Directions: Could you set down exactly the lines in the records below between the line holding "subst (λ j." and the line holding "is_set c.collection_type) ≡ true", inclusive?

Recorded data:
+ + + + + + +
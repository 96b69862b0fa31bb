-- ===== src/Sorted/Right.antt =====
-- What an answer of `regexMatching:lowestIndexInCollection:` is to be, and what a search and a sort
-- keep.
use regexkit.Base.{
  sym, if_either, subst, inr, ◌==◌, inl, ◌+◌, Option-cases, arith, ◌*◌, refl, ◌∙◌, not, ◌&&◌, ◌||◌,
  none, false, some, true, ◌≡◌, length, ◌<◌, Option, List, Bool, ℕ,
}
-- What `regexMatching:lowestIndexInCollection:` answers, and what it keeps.
use regexkit.Foundation.{word}
use regexkit.Sorted.{is_set, is_array, Collection, element, new_search, entering}
use regexkit.Sorted.Threads.{all_entering}
use regexkit.Sorted.Soundness.{
  SearchFit, found-IsFit, run-SearchFit, run_alone-SearchFit, new_search-SearchFit,
}
use regexkit.Sorted.Searching.{is_sought}
use regexkit.Sorted.Alone.{run_alone-IsComplete}
use regexkit.Sorted.Matching.{Sorter, MatchObject, resort, is_missed, find}

pub record IsWhole (count : ℕ) (sorted : List ℕ) : Type 0 where
  pub covers : (i : ℕ) → i < count → (k : ℕ) × (k < length sorted) × (element sorted k ≡ i)
  pub bounded : (k : ℕ) → k < length sorted → element sorted k < count

-- `mergesort` only orders what it is given.
pub record IsSorting (mergesort : Sorter) : Type 0 where
  pub kept :
      (hits : ℕ → ℕ) (xs : List ℕ) (k : ℕ)
      → k < length xs
      → (j : ℕ) × (j < length (mergesort hits xs)) × (element (mergesort hits xs) j ≡ element xs k)
  pub only :
      (hits : ℕ → ℕ) (xs : List ℕ) (k : ℕ)
      → k < length (mergesort hits xs)
      → (j : ℕ) × (j < length xs) × (element (mergesort hits xs) k ≡ element xs j)

-- An answer is an element that matches, or none where there is none.
pub data IsRight (count : ℕ) (matches : ℕ → Bool) : Option ℕ → Type 0 where
  matching : (i : ℕ) → i < count → matches i ≡ true → IsRight count matches (some i)
  unmatched : ((i : ℕ) → i < count → matches i ≡ false) → IsRight count matches none

-- A collection of so many elements, as `initWithCollection:library:options:error:` makes it.
pub record IsCollection (count : ℕ) (c : Collection) : Type 0 where
  pub whole : IsWhole count c.sorted
  pub small : count < word
  pub supported : (is_set c.collection_type || is_array c.collection_type) ≡ true

-- No object has the hash 0, and objects of one hash match alike.
pub record IsTelling {O : Type 0} (objects : O → MatchObject) : Type 0 where
  pub positive : (o : O) → 0 < (objects o).hash
  pub alike :
      (o p : O)
      → (objects o).hash ≡ (objects p).hash
      → (i : ℕ) → (objects o).matches i ≡ (objects p).matches i

-- The object has a hash that the cache may hold: that of an empty bucket, or that of an object of the
-- family that no element matches.
pub data IsTaken {O : Type 0} (objects : O → MatchObject) (count : ℕ) (o : O) : Type 0 where
  zero_hash : (objects o).hash ≡ 0 → IsTaken objects count o
  shared_hash :
      (p : O)
      → (objects p).hash ≡ (objects o).hash
      → ((i : ℕ) → i < count → (objects p).matches i ≡ false)
      → IsTaken objects count o

-- The cache holds the hashes of objects that no element matches alone.
pub record IsRecorded {O : Type 0} (objects : O → MatchObject) (count : ℕ) (c : Collection)
    : Type 0 where
  pub misses : (o : O) → is_missed c (objects o) ≡ true → IsTaken objects count o

-- The answer for an object: a right one, or none by mistake, for the hash of the object.
pub data IsAnswer {O : Type 0} (objects : O → MatchObject) (count : ℕ) (o : O)
    : Option ℕ → Type 0 where
  sound :
      (answer : Option ℕ)
      → IsRight count (objects o).matches answer
      → IsAnswer objects count o answer
  mistaken : IsTaken objects count o → IsAnswer objects count o none

pub taken-unmatched :
    {O : Type 0} (objects : O → MatchObject) (count : ℕ) (o : O)
    → IsTelling objects
    → IsTaken objects count o
    → (i : ℕ) → i < count
    → (objects o).matches i ≡ false
taken-unmatched objects count o telling (zero_hash e) i f =
    absurd (ground (arith, telling.positive o, e))
taken-unmatched objects count o telling (shared_hash p e none_matches) i f =
    telling.alike o p (sym e) i ∙ none_matches i f

-- Where hashes tell the objects apart, the answer is right.
pub answer-IsRight :
    {O : Type 0} (objects : O → MatchObject) (count : ℕ) (o : O) (answer : Option ℕ)
    → IsTelling objects
    → IsAnswer objects count o answer
    → IsRight count (objects o).matches answer
answer-IsRight objects count o answer telling (sound given r) = r
answer-IsRight objects count o none telling (mistaken taken) =
    unmatched (taken-unmatched objects count o telling taken)

pub resort-IsWhole :
    (mergesort : Sorter) (for_writing : Bool) (count : ℕ) (c : Collection)
    → IsSorting mergesort
    → IsWhole count c.sorted
    → IsWhole count (resort mergesort for_writing c).sorted
unfolding resort
resort-IsWhole mergesort for_writing count c sorting v =
    if_either (λ d. IsWhole count d.sorted) (c.resort_required && for_writing) _ c
      (λ h. record {
        covers = λ i e.
            let (k, f, g) = v.covers i e in
            let (j, f', g') = sorting.kept c.hit_count c.sorted k f in (j, f', g' ∙ g);
        bounded =
            λ k e. let (j, f, g) = sorting.only c.hit_count c.sorted k e in rw g (v.bounded j f);
      })
      (λ h. v)

pub resort-collection_type :
    (mergesort : Sorter) (for_writing : Bool) (c : Collection)
    → (resort mergesort for_writing c).collection_type ≡ c.collection_type
unfolding resort
resort-collection_type mergesort for_writing c =
    if_either (λ d. d.collection_type ≡ c.collection_type) (c.resort_required && for_writing) _ c
      (λ h. refl) (λ h. refl)

pub resort-misses :
    (mergesort : Sorter) (for_writing : Bool) (c : Collection)
    → (resort mergesort for_writing c).missed_object_hash_cache ≡ c.missed_object_hash_cache
unfolding resort
resort-misses mergesort for_writing c =
    if_either (λ d. d.missed_object_hash_cache ≡ c.missed_object_hash_cache)
      (c.resort_required && for_writing) _ c (λ h. refl) (λ h. refl)

pub resort-IsCollection :
    (mergesort : Sorter) (for_writing : Bool) (count : ℕ) (c : Collection)
    → IsSorting mergesort
    → IsCollection count c
    → IsCollection count (resort mergesort for_writing c)
resort-IsCollection mergesort for_writing count c sorting v = record {
  whole = resort-IsWhole mergesort for_writing count c sorting v.whole;
  small = v.small;
  supported = rw (resort-collection_type mergesort for_writing c) v.supported;
}

find-SearchFit :
    (c : Collection) (matches : ℕ → Bool) (lowest : Bool) (schedule : Option (List ℕ))
    → SearchFit c.collection_type c.sorted matches lowest (find c matches lowest schedule)
unfolding find
find-SearchFit c matches lowest none =
    run_alone-SearchFit c.collection_type c.sorted matches lowest (6 * length c.sorted + 4)
      (new_search lowest) entering (new_search-SearchFit c.collection_type c.sorted matches lowest)
      tt
find-SearchFit c matches lowest (some schedule) =
    run-SearchFit c.collection_type c.sorted matches lowest schedule (new_search lowest)
      all_entering (new_search-SearchFit c.collection_type c.sorted matches lowest) (λ j. tt)

-- In every interleaving, what is found is an element that matches.
pub find-matching :
    (count : ℕ) (c : Collection) (matches : ℕ → Bool) (lowest : Bool) (schedule : Option (List ℕ))
    (i : ℕ)
    → IsWhole count c.sorted
    → (find c matches lowest schedule).matched_regex ≡ some i
    → (i < count) × (matches i ≡ true) × (is_sought c.collection_type lowest i ≡ true)
find-matching count c matches lowest schedule i v e =
    let (within, place, m, a) =
      found-IsFit c.collection_type c.sorted matches lowest (find c matches lowest schedule) i
        (find-SearchFit c matches lowest schedule) e in
    (rw (← place) (v.bounded _ within), m, a)

-- What a thread alone does not find is not there.
pub find-none :
    (count : ℕ) (c : Collection) (matches : ℕ → Bool) (lowest : Bool) (i : ℕ)
    → IsCollection count c
    → (find c matches lowest none).matched_regex ≡ none
    → i < count
    → (matches i && is_sought c.collection_type lowest i) ≡ false
unfolding find
find-none count c matches lowest i v e f =
    let (k, within, place) = v.whole.covers i f in
    let complete =
      run_alone-IsComplete c.collection_type c.sorted matches lowest (6 * length c.sorted + 4)
        v.supported (λ j g. omega (arith, v.whole.bounded j g, v.small)) (omega arith) in
    subst (λ j. (matches j && is_sought c.collection_type lowest j) ≡ false) place
      (complete.1 e k within)

any_sought :
    (m lowest set first : Bool)
    → (not lowest || set) ≡ true
    → (m && (not lowest || (set || first))) ≡ false
    → m ≡ false
any_sought m lowest set first h g = ground (arith, h, g)

-- A thread alone finds an element that matches, or there is none.
pub find-IsRight :
    (count : ℕ) (c : Collection) (matches : ℕ → Bool) (lowest : Bool)
    → IsCollection count c
    → (not lowest || is_set c.collection_type) ≡ true
    → IsRight count matches (find c matches lowest none).matched_regex
find-IsRight count c matches lowest v mode =
    elim (Option-cases (find c matches lowest none).matched_regex) [
      | inl e ↦ rw e (
          unmatched (λ i f.
            any_sought (matches i) lowest (is_set c.collection_type)
              (is_array c.collection_type && i == 0) mode
              (find-none count c matches lowest i v e f)))
      | inr (i, e) ↦
          let (within, m, a) = find-matching count c matches lowest none i v.whole e in
          rw e (matching i within m)
    ]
+ + + + + + +
Output of the exercise:
    subst (λ j. (matches j && is_sought c.collection_type lowest j) ≡ false) place
      (complete.1 e k within)

any_sought :
    (m lowest set first : Bool)
    → (not lowest || set) ≡ true
    → (m && (not lowest || (set || first))) ≡ false
    → m ≡ false
any_sought m lowest set first h g = ground (arith, h, g)

-- A thread alone finds an element that matches, or there is none.
pub find-IsRight :
    (count : ℕ) (c : Collection) (matches : ℕ → Bool) (lowest : Bool)
    → IsCollection count c
    → (not lowest || is_set c.collection_type) ≡ true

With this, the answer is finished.